Output, word for word, the lines of this listing that fall between the line with "unfolding reconcile_secrets reconcile_api_key" and the line with "Keeps-create_api_client) depth 16", counting both of those lines, and no others.

═══ Entries supplied

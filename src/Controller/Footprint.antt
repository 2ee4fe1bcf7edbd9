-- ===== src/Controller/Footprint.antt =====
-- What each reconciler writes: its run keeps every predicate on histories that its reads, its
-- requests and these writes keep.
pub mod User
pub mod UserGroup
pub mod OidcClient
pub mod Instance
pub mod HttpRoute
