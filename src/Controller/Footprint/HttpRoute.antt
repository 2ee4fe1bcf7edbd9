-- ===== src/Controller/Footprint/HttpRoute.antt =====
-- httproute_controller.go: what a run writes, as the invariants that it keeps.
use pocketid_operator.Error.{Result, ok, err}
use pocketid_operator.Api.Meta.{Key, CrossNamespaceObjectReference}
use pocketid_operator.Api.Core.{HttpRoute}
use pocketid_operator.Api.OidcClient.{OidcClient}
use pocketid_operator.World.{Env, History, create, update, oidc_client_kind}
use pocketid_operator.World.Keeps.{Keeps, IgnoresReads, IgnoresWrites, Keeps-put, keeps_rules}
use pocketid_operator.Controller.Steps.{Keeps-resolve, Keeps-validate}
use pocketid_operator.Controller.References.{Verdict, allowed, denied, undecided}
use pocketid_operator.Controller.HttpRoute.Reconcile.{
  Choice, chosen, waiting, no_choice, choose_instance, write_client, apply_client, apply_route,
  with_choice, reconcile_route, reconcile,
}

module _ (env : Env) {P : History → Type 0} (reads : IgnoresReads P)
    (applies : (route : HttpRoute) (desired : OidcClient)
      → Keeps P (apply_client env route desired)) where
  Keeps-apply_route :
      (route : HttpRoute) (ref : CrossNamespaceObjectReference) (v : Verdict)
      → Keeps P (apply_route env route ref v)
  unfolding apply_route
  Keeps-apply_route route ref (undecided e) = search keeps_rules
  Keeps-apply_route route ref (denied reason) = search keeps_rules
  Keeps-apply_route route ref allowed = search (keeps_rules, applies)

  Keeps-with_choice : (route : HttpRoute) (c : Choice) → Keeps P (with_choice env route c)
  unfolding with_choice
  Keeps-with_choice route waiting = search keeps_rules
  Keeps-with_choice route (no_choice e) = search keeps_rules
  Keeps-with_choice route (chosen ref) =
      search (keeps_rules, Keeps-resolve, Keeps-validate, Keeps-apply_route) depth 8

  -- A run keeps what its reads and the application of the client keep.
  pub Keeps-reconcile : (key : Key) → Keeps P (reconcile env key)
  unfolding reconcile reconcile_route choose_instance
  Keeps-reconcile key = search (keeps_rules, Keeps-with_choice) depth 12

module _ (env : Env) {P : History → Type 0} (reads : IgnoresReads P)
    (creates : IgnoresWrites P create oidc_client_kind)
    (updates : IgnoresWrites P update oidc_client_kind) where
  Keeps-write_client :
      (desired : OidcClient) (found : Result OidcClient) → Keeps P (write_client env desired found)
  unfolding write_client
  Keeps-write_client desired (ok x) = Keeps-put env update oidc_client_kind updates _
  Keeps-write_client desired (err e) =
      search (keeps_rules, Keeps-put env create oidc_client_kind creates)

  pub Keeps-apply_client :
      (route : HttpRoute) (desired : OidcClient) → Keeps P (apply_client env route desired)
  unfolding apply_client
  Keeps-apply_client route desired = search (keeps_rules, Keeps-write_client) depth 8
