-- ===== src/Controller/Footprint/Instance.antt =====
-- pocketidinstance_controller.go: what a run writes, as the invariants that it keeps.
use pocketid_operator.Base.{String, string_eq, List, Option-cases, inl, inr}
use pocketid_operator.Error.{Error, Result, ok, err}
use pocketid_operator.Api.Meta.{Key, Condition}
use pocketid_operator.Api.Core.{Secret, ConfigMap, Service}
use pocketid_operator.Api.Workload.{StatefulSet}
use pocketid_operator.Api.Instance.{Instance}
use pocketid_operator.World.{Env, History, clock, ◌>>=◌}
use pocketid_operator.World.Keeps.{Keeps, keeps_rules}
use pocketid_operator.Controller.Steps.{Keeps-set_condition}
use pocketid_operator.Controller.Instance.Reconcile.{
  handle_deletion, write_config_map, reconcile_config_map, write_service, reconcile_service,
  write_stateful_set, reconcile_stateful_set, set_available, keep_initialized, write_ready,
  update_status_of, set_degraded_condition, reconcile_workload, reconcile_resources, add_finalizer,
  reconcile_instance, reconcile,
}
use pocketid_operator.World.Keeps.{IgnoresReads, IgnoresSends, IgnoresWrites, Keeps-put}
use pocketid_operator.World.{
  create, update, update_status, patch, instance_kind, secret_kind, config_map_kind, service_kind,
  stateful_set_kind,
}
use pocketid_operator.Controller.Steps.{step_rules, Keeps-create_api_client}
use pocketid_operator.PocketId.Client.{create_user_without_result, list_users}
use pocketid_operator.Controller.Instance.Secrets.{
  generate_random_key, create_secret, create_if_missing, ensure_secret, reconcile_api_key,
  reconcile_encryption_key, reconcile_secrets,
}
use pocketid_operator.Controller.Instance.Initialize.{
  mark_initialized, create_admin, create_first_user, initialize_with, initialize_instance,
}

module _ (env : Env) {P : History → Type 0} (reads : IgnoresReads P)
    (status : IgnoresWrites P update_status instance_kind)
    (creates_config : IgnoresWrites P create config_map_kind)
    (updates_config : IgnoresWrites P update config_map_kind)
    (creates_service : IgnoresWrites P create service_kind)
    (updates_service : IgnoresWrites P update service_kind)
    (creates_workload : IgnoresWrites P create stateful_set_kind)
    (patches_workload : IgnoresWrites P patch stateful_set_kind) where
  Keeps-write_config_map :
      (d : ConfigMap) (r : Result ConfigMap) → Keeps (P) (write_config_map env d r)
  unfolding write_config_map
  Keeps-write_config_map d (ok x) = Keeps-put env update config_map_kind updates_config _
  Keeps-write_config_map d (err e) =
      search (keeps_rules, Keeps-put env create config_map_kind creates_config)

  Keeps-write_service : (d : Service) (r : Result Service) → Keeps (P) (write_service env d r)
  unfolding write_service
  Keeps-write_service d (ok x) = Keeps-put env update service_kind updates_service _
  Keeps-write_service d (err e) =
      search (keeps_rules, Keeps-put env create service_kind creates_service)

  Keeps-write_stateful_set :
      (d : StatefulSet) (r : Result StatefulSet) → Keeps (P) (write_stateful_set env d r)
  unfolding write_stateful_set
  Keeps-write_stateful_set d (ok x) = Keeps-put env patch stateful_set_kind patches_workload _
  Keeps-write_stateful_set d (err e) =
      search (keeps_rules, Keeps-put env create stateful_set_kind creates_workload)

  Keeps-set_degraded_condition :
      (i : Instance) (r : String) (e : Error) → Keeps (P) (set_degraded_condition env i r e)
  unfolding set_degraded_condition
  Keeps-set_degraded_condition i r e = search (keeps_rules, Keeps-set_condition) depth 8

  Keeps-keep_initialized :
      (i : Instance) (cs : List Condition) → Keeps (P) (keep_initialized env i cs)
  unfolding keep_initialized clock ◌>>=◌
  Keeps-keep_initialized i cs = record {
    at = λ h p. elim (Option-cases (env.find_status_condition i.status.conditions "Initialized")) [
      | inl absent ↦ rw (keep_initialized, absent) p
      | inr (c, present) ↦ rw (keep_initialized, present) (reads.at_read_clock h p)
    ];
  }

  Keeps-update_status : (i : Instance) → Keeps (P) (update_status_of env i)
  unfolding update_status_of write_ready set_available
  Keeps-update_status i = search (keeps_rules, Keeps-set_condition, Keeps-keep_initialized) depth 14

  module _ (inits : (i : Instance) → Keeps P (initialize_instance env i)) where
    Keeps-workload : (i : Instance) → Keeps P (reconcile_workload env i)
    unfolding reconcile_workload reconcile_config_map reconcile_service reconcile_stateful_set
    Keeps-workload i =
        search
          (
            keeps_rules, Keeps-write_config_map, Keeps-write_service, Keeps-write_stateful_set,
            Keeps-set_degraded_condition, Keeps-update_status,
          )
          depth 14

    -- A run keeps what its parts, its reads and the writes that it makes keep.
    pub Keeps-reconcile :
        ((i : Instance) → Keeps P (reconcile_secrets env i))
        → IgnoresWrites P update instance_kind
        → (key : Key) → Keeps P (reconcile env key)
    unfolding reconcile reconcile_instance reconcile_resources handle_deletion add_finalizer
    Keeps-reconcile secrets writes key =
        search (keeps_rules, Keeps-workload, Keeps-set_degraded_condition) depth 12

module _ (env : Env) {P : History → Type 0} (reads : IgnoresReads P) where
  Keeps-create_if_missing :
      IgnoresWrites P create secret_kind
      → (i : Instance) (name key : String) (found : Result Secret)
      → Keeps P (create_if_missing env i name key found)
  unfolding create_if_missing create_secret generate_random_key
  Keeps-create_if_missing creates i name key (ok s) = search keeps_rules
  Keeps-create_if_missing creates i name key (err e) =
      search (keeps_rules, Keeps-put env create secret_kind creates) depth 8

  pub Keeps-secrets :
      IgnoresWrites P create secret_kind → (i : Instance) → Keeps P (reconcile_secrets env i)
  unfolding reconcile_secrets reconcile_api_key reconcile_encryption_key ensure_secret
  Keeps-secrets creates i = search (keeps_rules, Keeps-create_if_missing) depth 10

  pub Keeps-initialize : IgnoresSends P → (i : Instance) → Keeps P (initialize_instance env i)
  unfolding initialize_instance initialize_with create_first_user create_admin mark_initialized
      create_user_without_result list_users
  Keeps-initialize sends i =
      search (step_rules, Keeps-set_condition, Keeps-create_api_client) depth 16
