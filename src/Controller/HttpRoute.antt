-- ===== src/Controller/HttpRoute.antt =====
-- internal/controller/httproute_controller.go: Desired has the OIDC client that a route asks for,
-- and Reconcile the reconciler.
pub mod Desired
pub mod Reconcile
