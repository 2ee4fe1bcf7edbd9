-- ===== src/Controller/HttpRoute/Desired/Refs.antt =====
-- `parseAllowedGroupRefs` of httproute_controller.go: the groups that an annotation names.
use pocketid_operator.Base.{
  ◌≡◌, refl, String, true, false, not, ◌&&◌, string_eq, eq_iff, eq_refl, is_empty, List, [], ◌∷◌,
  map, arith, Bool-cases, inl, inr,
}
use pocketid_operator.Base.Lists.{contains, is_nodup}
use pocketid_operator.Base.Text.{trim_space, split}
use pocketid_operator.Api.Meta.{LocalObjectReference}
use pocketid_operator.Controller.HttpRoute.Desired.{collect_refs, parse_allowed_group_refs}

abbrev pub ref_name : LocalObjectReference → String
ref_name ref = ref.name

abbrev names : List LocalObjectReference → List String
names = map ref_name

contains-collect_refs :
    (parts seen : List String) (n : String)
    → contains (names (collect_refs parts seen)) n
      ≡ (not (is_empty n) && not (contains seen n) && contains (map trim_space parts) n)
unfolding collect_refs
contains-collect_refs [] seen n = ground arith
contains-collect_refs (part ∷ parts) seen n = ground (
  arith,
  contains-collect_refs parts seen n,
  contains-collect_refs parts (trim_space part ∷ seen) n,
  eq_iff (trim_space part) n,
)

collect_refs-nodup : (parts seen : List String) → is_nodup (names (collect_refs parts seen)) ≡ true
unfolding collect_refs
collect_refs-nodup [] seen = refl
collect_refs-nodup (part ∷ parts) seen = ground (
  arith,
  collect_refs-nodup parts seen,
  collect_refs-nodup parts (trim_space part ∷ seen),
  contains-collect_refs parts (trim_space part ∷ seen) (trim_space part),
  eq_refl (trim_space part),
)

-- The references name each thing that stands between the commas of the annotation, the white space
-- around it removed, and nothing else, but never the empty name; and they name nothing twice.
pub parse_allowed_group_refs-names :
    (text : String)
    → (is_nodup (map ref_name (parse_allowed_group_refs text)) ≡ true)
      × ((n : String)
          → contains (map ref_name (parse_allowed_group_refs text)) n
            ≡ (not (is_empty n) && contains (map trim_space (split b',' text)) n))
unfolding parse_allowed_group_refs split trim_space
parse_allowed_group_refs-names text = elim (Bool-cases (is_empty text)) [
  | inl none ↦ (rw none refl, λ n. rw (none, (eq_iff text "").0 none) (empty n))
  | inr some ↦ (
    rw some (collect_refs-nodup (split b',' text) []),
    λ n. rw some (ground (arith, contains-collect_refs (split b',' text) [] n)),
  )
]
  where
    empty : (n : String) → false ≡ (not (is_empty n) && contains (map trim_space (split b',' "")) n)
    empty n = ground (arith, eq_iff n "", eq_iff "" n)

══════

◆ Response area
  unfolding reconcile_secrets reconcile_api_key reconcile_encryption_key ensure_secret
  Keeps-secrets creates i = search (keeps_rules, Keeps-create_if_missing) depth 10

  pub Keeps-initialize : IgnoresSends P → (i : Instance) → Keeps P (initialize_instance env i)
  unfolding initialize_instance initialize_with create_first_user create_admin mark_initialized
      create_user_without_result list_users
  Keeps-initialize sends i =
      search (step_rules, Keeps-set_condition, Keeps-create_api_client) depth 16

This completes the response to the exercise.